Hospitality, malls business lift Emaar’s H1 profit by 15%
dubai — Emaar Properties recorded a growth in net profit by 15 per cent to Dh2.8 billion during the first half of 2017 compared to Dh2.5 billion during the same period last year.
Its H1 2017 revenues totalled Dh7.9 billion, an increase of eight per cent over H1 2016 revenue of Dh7.3 billion.
Recurring revenue from Emaar’s shopping malls and retail, hospitality and leisure, commercial leasing and entertainment businesses in H1 2017 is Dh3 billion, which represents 38 per cent of its total revenue.
Revenue from international development recorded a growth of 64 per cent in H1 2017 to Dh1.7 billion, compared to H1 2016 figures of Dh1 billion. This was underpinned by significant progress in projects achieved in key markets, including Egypt, Turkey, India and Saudi Arabia, among others. Emaar’s international development now contribute 22 per cent to the total group revenue, the developer said in a statement on Monday.
Emaar’s shares were down 0.6 per cent to Dh8.3 in a general negative market on Monday.
Q2 performance
In the second quarter of 2017, Emaar recorded a net profit of Dh1.5 billion, an increase of 14 per cent over Q2 2016 net profit of Dh1.3 billion.
Mohamed Alabbar, chairman of Emaar Properties, said the positive performance builds on Emaar’s ongoing focus on project delivery.
“As a year-round tourism and retail destination, and with a focus on infrastructure development, the UAE has evolved as a global business and leisure hub, and through our projects, we are contributing to the nation in driving sustained economic growth.”
Emaar distributed a cash dividend of 15 per cent of its share capital, equivalent to Dh1.1 billion.

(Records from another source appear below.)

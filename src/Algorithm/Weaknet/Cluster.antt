-- ===== src/Algorithm/Weaknet/Cluster.antt =====
-- Nodes that all run weaknet.go and exchange push-pull messages: what they send each other.
use uav.Base.{
  some_eq, none_ne, ℕ, ◌≡◌, refl, sym, ◌∙◌, ◌==◌, length, ltb, Bool, false, some, String, List, [],
  ◌∷◌, ◌++◌, inl, inr, Bool-cases, Option-cases, if◌then◌else◌, string_key, nat_key, subst, str_eq,
}
use uav.Base.Map
use uav.Base.Map.{Map, Holds, Holds-retain, Holds-put, Holds-delete, Holds-get}
use uav.Algorithm.Sampling.{sample_n}
use uav.Algorithm.Weaknet.State.{
  kind_push_pull, kind_ack, Weaknet, Config, PushPull, PendingMsg, send, set_entry, new, timer_sync,
  timer_retx, timer_purge,
}
use uav.Algorithm.Weaknet.Handlers.{
  push_pull_packet, delta_for, send_push_pull, handle_push_pull, handle_ack, send_critical,
  refreshed, resend, retransmit_check, purge_stale_peers, sync_with, sync_round, active_peers,
  on_tick, critical_packet, Json, on_message,
}
use uav.Message.{Message}
use uav.Algorithm.Weaknet.Sync.{pull_of, send_push_pull-sends}
use uav.Algorithm.Weaknet.Versions.{
  Sent, Unaware, IsRaw, Quiet, Honest, Quiet-append, Quiet-raw, send_push_pull-Honest,
  handle_push_pull-Honest, get_peer_stats-Unaware,
}

Quiet-nil : Quiet []
unfolding Quiet
Quiet-nil pp s = elim s [ ]

sync_with-Honest :
    (id millis : ℕ) (targets : List ℕ) (w : Weaknet)
    → Honest w
    → Honest (sync_with id millis targets w)
unfolding sync_with
sync_with-Honest id millis [] w h = h
sync_with-Honest id millis (peer ∷ rest) w h =
    sync_with-Honest id millis rest _ (send_push_pull-Honest id millis peer false w h)

resend-Honest :
    (now : ℕ) (m : Map ℕ PendingMsg)
    → Holds IsRaw m
    → Holds IsRaw (resend now m).0 × Quiet (resend now m).1
unfolding resend
resend-Honest now [] h = (h, Quiet-nil)
resend-Honest now ((seq, pm) ∷ rest) ((bytes, e), h) =
    let (kept, sent) = resend-Honest now rest h in
    elim (Bool-cases (ltb pm.deadline now)) [
      | inl late ↦ rw late (kept, sent)
      | inr live ↦
          rw live
            (((bytes, e), kept), Quiet-raw pm.peer_id (refreshed now pm).packet bytes _ e sent)
    ]

retransmit_check-Honest : (now : ℕ) (w : Weaknet) → Honest w → Honest (retransmit_check now w)
unfolding retransmit_check
retransmit_check-Honest now w h =
    let (kept, sent) = resend-Honest now w.pending h.pending in
    record { peers = h.peers; pending = kept; trace = Quiet-append w.trace _ h.trace sent }

purge_stale_peers-Honest : (now : ℕ) (w : Weaknet) → Honest w → Honest (purge_stale_peers now w)
unfolding purge_stale_peers
purge_stale_peers-Honest now w h = record {
  peers = Holds-retain Unaware _ w.peers h.peers;
  pending = h.pending;
  trace = h.trace;
}

sync_round-Honest :
    (perm : ℕ → List ℕ) (id now millis : ℕ) (peers : List ℕ) (w t : Weaknet)
    → Honest w
    → sync_round perm id now millis peers w ≡ some t
    → Honest t
unfolding sync_round
sync_round-Honest perm id now millis [] w t h e = subst Honest (some_eq w t e) h
sync_round-Honest perm id now millis (peer ∷ peers) w t h e =
    elim (Option-cases (sample_n perm (active_peers now (peer ∷ peers) w) w.cfg.fanout)) [
      | inl f ↦ absurd (none_ne t (sym (rw (sync_round, f) refl) ∙ e))
      | inr (targets, f) ↦
          subst Honest
            (some_eq (sync_with id millis targets w) t (sym (rw (sync_round, f) refl) ∙ e))
            (sync_with-Honest id millis targets w h)
    ]

on_tick-Honest :
    (perm : ℕ → List ℕ) (id now millis : ℕ) (peers : List ℕ) (name : String) (w t : Weaknet)
    → Honest w
    → on_tick perm id now millis peers name w ≡ some t
    → Honest t
unfolding on_tick
on_tick-Honest perm id now millis peers name w t h e = elim (Bool-cases (str_eq name timer_sync)) [
  | inl a ↦ sync_round-Honest perm id now millis peers w t h (sym (rw (on_tick, a) refl) ∙ e)
  | inr a ↦ elim (Bool-cases (str_eq name timer_retx)) [
    | inl b ↦
        subst Honest (some_eq (retransmit_check now w) t (sym (rw (on_tick, a, b) refl) ∙ e))
          (retransmit_check-Honest now w h)
    | inr b ↦ elim (Bool-cases (str_eq name timer_purge)) [
      | inl c ↦
          subst Honest (some_eq (purge_stale_peers now w) t (sym (rw (on_tick, a, b, c) refl) ∙ e))
            (purge_stale_peers-Honest now w h)
      | inr c ↦ subst Honest (some_eq w t (sym (rw (on_tick, a, b, c) refl) ∙ e)) h
    ]
  ]
]

send_critical-Honest :
    (accepted : Bool) (now peer : ℕ) (payload : List ℕ) (w : Weaknet)
    → Honest w
    → Honest (send_critical accepted now peer payload w).1
unfolding send_critical
send_critical-Honest accepted now peer payload w h =
    let sent =
      Quiet-append w.trace _ h.trace
        (Quiet-raw peer (critical_packet now payload) payload [] refl Quiet-nil) in
    elim (Bool-cases accepted) [
      | inl e ↦ rw e (record {
        peers = h.peers;
        pending = Holds-put IsRaw _ _ w.pending (payload, refl) h.pending;
        trace = sent;
      })
      | inr e ↦ rw e (record { peers = h.peers; pending = h.pending; trace = sent })
    ]

-- The nodes by id.
abbrev pub Cluster : Type 0
Cluster = ℕ → Weaknet

abbrev pub become : ℕ → Weaknet → Cluster → Cluster
become i w c j = if i == j then w else c j

-- No push-pull message to json: a payload of SendCritical can be one, since OnMessage parses it too.
abbrev pub IsPlain : Json → List ℕ → Type 0
IsPlain json payload =
    (kind : ℕ) → json.kind_of payload ≡ some kind → (kind == kind_push_pull) ≡ false

on_message-Honest :
    (json : Json) (id now millis : ℕ) (m : Message) (w : Weaknet)
    → IsPlain json m.payload
    → Honest w
    → Honest (on_message json id now millis m w)
unfolding on_message handle_ack
on_message-Honest json id now millis m w plain h = elim (Bool-cases (length m.payload == 0)) [
  | inl empty ↦ rw empty h
  | inr filled ↦ elim (Option-cases (json.kind_of m.payload)) [
    | inl none_read ↦ rw (filled, none_read) h
    | inr (kind, e) ↦ elim (Bool-cases (kind == kind_ack)) [
      | inr other ↦ rw (filled, e, plain kind e, other) h
      | inl ack ↦ elim (Option-cases (json.ack_of m.payload)) [
        | inl unread ↦ rw (filled, e, plain kind e, ack, unread) h
        | inr (seq, read) ↦
            rw (filled, e, plain kind e, ack, read)
              (record {
                peers = h.peers;
                pending = Holds-delete IsRaw seq w.pending h.pending;
                trace = h.trace;
              })
      ]
    ]
  ]
]

-- One event: a local call, a tick, the arrival of a push-pull message that some node has sent, or the
-- arrival of any other message, so of a critical one or of an ACK. SendCritical is called with payloads
-- that are no push-pull messages. The network may lose, repeat, reorder and misdeliver messages, but does
-- not make up push-pull messages.
pub data Step (json : Json) : Cluster → Cluster → Type 0 where
  wrote :
      {c : Cluster} (i : ℕ) (key : String) (value : List ℕ)
      → Step json c (become i (set_entry key value (c i)) c)
  critical :
      {c : Cluster} (i : ℕ) (accepted : Bool) (now peer : ℕ) (payload : List ℕ)
      → IsPlain json payload
      → Step json c (become i (send_critical accepted now peer payload (c i)).1 c)
  ticked :
      {c : Cluster} {w : Weaknet} (i : ℕ) (perm : ℕ → List ℕ) (now millis : ℕ) (peers : List ℕ)
      (name : String)
      → on_tick perm i now millis peers name (c i) ≡ some w
      → Step json c (become i w c)
  heard :
      {c : Cluster} (i j now millis from : ℕ) (pp : PushPull)
      → Sent pp (c j).trace
      → Step json c (become i (handle_push_pull i now millis from pp (c i)) c)
  heard_plain :
      {c : Cluster} (i now millis : ℕ) (m : Message)
      → IsPlain json m.payload
      → Step json c (become i (on_message json i now millis m (c i)) c)

pub data Reach (json : Json) (cfg : ℕ → Config) : Cluster → Type 0 where
  started : Reach json cfg (λ i. new (cfg i))
  next : {c d : Cluster} → Reach json cfg c → Step json c d → Reach json cfg d

become-Honest :
    (i : ℕ) (w : Weaknet) (c : Cluster)
    → Honest w
    → ((j : ℕ) → Honest (c j))
    → (j : ℕ) → Honest (become i w c j)
become-Honest i w c h k j = elim (Bool-cases (i == j)) [ inl e ↦ rw e h | inr e ↦ rw e (k j) ]

Step-Honest :
    {json : Json} {c d : Cluster}
    → Step json c d
    → ((j : ℕ) → Honest (c j))
    → (j : ℕ) → Honest (d j)
unfolding set_entry handle_ack Quiet
Step-Honest {c} (wrote i key value) h =
    let k = h i in
    become-Honest i _ c (record { peers = k.peers; pending = k.pending; trace = k.trace }) h
Step-Honest {c} (critical i accepted now peer payload plain) h =
    become-Honest i _ c (send_critical-Honest accepted now peer payload (c i) (h i)) h
Step-Honest {c} (ticked {w} i perm now millis peers name e) h =
    become-Honest i w c (on_tick-Honest perm i now millis peers name (c i) w (h i) e) h
Step-Honest {c} (heard i j now millis from pp sent) h =
    become-Honest i _ c
      (handle_push_pull-Honest i now millis from pp (c i) ((h j).trace pp sent) (h i)) h
Step-Honest {json} {c} (heard_plain i now millis m plain) h =
    become-Honest i _ c (on_message-Honest json i now millis m (c i) plain (h i)) h

pub Reach-Honest :
    {json : Json} {cfg : ℕ → Config} {c : Cluster} → Reach json cfg c → (j : ℕ) → Honest (c j)
unfolding new
Reach-Honest started j = record { peers = record {}; pending = record {}; trace = Quiet-nil }
Reach-Honest (next r s) j = Step-Honest s (Reach-Honest r) j

-- In every state that nodes running this algorithm reach together, if no payload that they pass to
-- SendCritical is read as a push-pull message, a push-pull message carries every entry of its sender with
-- a version above 0, and claims to know version 0 of its receiver: no delta is smaller than the whole
-- state.
pub sends_whole_state :
    {json : Json} {cfg : ℕ → Config} {c : Cluster}
    → Reach json cfg c
    → (i millis peer : ℕ) (is_reply : Bool)
    → (send_push_pull i millis peer is_reply (c i)).trace
      ≡ (c i).trace
        ++ send peer (
            push_pull_packet millis (record {
              is_reply = is_reply;
              peer_id = i;
              delta = Map.retain (λ key e. ltb 0 e.version) (c i).state;
              known_ver = 0;
            }))
          ∷ []
unfolding pull_of delta_for
sends_whole_state {c} r i millis peer is_reply =
    let (s, t, p) = send_push_pull-sends i millis peer is_reply (c i) in
    let (unaware, known) = get_peer_stats-Unaware peer (c i) (Reach-Honest r i).peers in
    t ∙ rw unaware refl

Emaar has announced a plan to list its UAE real estate development business through up to 30 per cent share offering on the Dubai Financial Market. The funds raised through the sale of equity will be primarily distributed as dividends to shareholders.
H1 property sales
During the first six months of 2017, Emaar recorded property sales in Dubai worth Dh10.8 billion, 22 per cent higher than Dh8.9 billion during H1 2016. This growth was led by residential launches in Emaar’s projects, including Dubai Creek Harbour, Downtown Dubai, Dubai Hills Estate and Emaar South.
Emaar now has a backlog of Dh49.5 billion, including a backlog of over Dh40 billion in Dubai, to be recognised in the next few years. Emaar Malls, the shopping malls and retail business majority owned by Emaar Properties, reported H1 2017 net profit of Dh1 billion, three per cent higher than H1 2016 net profit of Dh987 million. Emaar Malls’ revenue in H1 2017 is Dh1.6 billion, similar to H1 2016 revenue of Dh1.6 billion.
The hospitality and leisure, commercial leasing and entertainment businesses of Emaar recorded H1 2017 revenue of Dh1.4 billion, seven per cent higher than the H1 2016 revenue of Dh1.3 billion.
In the first half of 2017, it opened three properties — Address Boulevard in Downtown Dubai, Rove Healthcare City and Rove Trade Centre. Occupancy levels at Address Hotel + Resorts were 82 per cent, higher than the industry average. The hospitality business has also expanded its geographic footprint with management agreements to operate hotels in Saudi Arabia, Bahrain, Egypt and Turkey. The group has 27 upcoming projects in the UAE and international markets.